Task: Copy nothing but the lines below running from the line containing "(es : List Event) (w : FxtWriter)" through the line containing "(s.sound, s.shown)", both end lines included.

Data excerpts:

################

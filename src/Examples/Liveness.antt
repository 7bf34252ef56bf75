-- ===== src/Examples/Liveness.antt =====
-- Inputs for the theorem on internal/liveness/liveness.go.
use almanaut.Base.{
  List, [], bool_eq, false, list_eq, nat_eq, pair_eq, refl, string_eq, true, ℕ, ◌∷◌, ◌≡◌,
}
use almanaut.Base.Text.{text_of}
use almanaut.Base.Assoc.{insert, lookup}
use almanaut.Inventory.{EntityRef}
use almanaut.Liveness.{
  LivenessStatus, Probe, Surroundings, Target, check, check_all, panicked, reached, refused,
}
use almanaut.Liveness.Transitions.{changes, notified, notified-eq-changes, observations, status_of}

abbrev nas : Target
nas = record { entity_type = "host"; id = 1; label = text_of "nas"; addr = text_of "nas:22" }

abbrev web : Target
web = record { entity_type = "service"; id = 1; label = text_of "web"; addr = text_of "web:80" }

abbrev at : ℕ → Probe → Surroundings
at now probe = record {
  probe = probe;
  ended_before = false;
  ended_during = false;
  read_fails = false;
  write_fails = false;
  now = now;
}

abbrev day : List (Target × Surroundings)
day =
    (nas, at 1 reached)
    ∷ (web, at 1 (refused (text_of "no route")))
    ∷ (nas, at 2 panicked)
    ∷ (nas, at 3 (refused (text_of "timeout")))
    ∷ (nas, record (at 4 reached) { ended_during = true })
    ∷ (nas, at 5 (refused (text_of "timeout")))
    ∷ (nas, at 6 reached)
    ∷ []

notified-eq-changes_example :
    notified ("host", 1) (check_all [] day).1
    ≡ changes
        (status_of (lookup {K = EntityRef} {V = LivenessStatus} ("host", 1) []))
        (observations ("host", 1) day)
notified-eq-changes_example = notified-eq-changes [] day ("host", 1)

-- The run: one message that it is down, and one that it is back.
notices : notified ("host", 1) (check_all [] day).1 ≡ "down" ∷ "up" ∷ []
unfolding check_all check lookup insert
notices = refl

################

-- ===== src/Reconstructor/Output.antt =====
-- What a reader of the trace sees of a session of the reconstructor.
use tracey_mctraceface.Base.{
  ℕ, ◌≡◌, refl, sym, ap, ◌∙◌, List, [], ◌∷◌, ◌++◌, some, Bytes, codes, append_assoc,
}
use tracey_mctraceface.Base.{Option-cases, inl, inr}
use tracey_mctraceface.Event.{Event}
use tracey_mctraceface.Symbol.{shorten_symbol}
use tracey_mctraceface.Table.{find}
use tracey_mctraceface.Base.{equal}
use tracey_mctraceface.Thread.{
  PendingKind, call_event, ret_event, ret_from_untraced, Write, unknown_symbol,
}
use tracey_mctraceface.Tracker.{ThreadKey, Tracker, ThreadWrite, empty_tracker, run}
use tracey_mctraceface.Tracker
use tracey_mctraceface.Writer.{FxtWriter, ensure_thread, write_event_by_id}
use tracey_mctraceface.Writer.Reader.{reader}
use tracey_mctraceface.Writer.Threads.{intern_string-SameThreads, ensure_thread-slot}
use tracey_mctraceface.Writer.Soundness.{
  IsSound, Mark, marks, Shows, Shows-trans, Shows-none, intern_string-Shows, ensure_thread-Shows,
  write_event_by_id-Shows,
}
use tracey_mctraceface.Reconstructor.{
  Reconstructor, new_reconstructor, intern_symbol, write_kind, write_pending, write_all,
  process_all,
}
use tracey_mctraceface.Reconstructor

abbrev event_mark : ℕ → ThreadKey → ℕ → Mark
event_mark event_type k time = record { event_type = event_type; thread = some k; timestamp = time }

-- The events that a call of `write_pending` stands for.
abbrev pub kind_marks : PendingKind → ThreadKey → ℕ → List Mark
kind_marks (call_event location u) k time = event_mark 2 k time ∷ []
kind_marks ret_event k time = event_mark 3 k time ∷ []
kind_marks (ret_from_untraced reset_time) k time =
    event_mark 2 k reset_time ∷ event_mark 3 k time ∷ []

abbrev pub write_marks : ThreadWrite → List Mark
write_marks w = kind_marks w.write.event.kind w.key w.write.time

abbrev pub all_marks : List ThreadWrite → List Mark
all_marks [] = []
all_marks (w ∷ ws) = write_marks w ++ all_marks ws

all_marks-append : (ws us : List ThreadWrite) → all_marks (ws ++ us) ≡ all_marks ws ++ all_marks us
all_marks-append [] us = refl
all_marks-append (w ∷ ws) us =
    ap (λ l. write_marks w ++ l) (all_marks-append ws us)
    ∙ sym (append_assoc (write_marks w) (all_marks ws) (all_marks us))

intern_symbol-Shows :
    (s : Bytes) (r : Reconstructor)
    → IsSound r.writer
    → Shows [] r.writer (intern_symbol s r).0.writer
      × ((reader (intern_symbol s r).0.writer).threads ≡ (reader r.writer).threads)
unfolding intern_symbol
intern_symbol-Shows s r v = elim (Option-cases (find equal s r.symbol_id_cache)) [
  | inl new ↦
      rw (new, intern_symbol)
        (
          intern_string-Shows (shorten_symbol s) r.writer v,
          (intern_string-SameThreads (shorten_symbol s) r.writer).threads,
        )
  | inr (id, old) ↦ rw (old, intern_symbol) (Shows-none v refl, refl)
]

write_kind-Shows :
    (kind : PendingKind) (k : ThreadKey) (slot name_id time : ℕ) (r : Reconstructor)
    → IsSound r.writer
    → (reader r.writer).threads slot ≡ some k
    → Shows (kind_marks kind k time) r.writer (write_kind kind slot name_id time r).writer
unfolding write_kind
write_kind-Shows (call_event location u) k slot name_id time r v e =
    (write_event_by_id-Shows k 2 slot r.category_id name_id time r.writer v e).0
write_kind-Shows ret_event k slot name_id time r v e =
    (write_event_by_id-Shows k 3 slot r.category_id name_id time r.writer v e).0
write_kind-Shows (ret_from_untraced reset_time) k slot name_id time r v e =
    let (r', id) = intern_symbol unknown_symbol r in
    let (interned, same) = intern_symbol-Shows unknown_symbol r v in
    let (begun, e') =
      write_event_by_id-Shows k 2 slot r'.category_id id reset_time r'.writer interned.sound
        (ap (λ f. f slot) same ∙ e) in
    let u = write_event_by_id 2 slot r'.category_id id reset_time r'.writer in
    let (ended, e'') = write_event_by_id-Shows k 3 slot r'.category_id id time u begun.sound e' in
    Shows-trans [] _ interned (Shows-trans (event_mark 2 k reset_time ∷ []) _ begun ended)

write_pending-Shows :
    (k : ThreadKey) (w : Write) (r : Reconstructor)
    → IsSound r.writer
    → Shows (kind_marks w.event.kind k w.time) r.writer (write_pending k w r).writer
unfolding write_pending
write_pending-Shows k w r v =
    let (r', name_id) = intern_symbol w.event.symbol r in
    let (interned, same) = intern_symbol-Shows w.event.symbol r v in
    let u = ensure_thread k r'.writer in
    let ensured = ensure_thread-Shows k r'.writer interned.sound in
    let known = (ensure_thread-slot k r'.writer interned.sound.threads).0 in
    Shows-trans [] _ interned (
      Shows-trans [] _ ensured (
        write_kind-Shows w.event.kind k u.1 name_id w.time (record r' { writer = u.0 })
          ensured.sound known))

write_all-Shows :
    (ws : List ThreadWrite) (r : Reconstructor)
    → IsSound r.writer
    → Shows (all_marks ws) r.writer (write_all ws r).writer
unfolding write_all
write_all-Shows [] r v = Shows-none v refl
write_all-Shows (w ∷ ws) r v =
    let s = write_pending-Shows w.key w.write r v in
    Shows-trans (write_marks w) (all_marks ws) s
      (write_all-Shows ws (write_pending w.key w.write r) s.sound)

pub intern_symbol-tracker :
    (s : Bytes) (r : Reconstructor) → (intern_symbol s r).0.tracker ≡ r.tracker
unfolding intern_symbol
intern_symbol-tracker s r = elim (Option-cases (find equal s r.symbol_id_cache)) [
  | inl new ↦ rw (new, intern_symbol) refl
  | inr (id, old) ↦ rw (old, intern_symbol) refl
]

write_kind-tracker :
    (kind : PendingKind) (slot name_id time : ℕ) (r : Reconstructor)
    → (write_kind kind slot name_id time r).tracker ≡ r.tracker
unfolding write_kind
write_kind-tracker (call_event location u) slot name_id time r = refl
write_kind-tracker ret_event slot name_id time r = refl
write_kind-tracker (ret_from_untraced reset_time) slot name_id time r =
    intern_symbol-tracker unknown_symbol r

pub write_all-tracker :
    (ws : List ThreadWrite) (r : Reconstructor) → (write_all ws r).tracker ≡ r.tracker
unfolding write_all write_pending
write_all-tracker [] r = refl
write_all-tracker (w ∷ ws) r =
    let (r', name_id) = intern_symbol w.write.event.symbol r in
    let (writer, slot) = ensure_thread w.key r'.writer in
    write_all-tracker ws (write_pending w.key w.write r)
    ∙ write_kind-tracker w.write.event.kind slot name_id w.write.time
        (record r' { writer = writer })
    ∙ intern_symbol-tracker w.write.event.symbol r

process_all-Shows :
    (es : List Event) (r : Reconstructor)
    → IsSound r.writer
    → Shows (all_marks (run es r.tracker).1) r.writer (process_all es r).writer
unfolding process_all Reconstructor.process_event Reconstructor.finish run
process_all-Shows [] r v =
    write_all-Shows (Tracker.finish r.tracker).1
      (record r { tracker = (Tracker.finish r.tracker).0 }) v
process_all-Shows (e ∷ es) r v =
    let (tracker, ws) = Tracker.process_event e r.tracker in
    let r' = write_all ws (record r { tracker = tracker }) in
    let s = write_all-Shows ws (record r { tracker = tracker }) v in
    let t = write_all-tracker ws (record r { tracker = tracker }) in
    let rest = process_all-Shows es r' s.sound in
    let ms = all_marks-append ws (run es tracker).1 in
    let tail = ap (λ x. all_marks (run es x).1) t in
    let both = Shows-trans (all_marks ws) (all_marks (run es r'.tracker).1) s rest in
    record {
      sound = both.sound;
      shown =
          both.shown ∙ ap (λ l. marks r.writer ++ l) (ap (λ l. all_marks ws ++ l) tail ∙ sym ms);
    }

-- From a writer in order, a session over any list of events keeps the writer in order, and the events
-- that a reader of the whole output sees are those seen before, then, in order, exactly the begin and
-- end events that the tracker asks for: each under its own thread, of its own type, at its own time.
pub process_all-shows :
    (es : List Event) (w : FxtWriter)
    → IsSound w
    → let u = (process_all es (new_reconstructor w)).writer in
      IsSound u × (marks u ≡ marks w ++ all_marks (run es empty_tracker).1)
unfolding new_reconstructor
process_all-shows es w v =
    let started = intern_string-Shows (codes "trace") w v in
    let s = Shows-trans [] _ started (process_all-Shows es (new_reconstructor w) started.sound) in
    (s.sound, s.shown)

################

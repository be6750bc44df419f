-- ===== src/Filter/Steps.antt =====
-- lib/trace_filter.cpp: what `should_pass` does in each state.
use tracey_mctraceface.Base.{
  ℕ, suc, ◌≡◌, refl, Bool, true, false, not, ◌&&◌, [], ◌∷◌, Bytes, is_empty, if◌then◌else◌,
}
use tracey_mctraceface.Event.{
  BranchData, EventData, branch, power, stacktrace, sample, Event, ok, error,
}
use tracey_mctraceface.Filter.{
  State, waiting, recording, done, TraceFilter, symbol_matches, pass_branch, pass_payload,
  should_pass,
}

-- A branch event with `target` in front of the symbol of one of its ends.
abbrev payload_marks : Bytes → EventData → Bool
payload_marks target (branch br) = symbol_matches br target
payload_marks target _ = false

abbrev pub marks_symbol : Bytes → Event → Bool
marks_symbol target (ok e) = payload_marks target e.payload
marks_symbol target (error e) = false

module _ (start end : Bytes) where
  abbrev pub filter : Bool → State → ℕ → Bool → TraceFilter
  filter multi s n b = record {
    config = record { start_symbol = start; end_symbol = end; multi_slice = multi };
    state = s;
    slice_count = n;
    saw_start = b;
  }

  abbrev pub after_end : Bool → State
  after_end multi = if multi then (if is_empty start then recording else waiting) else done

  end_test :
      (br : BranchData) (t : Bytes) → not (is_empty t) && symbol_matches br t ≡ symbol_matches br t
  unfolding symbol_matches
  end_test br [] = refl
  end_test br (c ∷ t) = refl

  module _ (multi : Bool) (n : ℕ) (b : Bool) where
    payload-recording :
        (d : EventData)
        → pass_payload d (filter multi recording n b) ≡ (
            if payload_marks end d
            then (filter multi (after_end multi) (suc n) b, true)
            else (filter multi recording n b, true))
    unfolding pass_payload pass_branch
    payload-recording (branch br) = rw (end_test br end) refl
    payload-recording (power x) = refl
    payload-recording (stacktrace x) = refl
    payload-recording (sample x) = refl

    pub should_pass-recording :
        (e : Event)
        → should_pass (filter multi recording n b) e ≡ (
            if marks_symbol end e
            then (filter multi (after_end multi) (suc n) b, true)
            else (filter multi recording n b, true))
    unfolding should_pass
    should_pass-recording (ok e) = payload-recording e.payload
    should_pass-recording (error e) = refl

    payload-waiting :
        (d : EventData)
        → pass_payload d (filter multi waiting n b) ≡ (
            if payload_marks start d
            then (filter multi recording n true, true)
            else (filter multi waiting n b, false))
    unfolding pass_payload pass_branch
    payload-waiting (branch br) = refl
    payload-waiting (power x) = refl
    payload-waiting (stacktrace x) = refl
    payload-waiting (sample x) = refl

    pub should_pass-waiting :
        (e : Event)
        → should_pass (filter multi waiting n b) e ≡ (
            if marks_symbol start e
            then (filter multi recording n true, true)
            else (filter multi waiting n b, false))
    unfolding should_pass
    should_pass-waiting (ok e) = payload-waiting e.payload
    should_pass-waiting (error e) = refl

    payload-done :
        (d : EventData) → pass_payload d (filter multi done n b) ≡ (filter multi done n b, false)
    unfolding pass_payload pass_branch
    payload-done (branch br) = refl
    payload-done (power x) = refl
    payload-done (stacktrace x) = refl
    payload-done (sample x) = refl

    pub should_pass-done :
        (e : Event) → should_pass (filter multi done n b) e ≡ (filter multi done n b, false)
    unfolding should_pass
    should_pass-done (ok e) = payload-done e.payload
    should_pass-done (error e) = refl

################

Solution to this task:
    (es : List Event) (w : FxtWriter)
    → IsSound w
    → let u = (process_all es (new_reconstructor w)).writer in
      IsSound u × (marks u ≡ marks w ++ all_marks (run es empty_tracker).1)
unfolding new_reconstructor
process_all-shows es w v =
    let started = intern_string-Shows (codes "trace") w v in
    let s = Shows-trans [] _ started (process_all-Shows es (new_reconstructor w) started.sound) in
    (s.sound, s.shown)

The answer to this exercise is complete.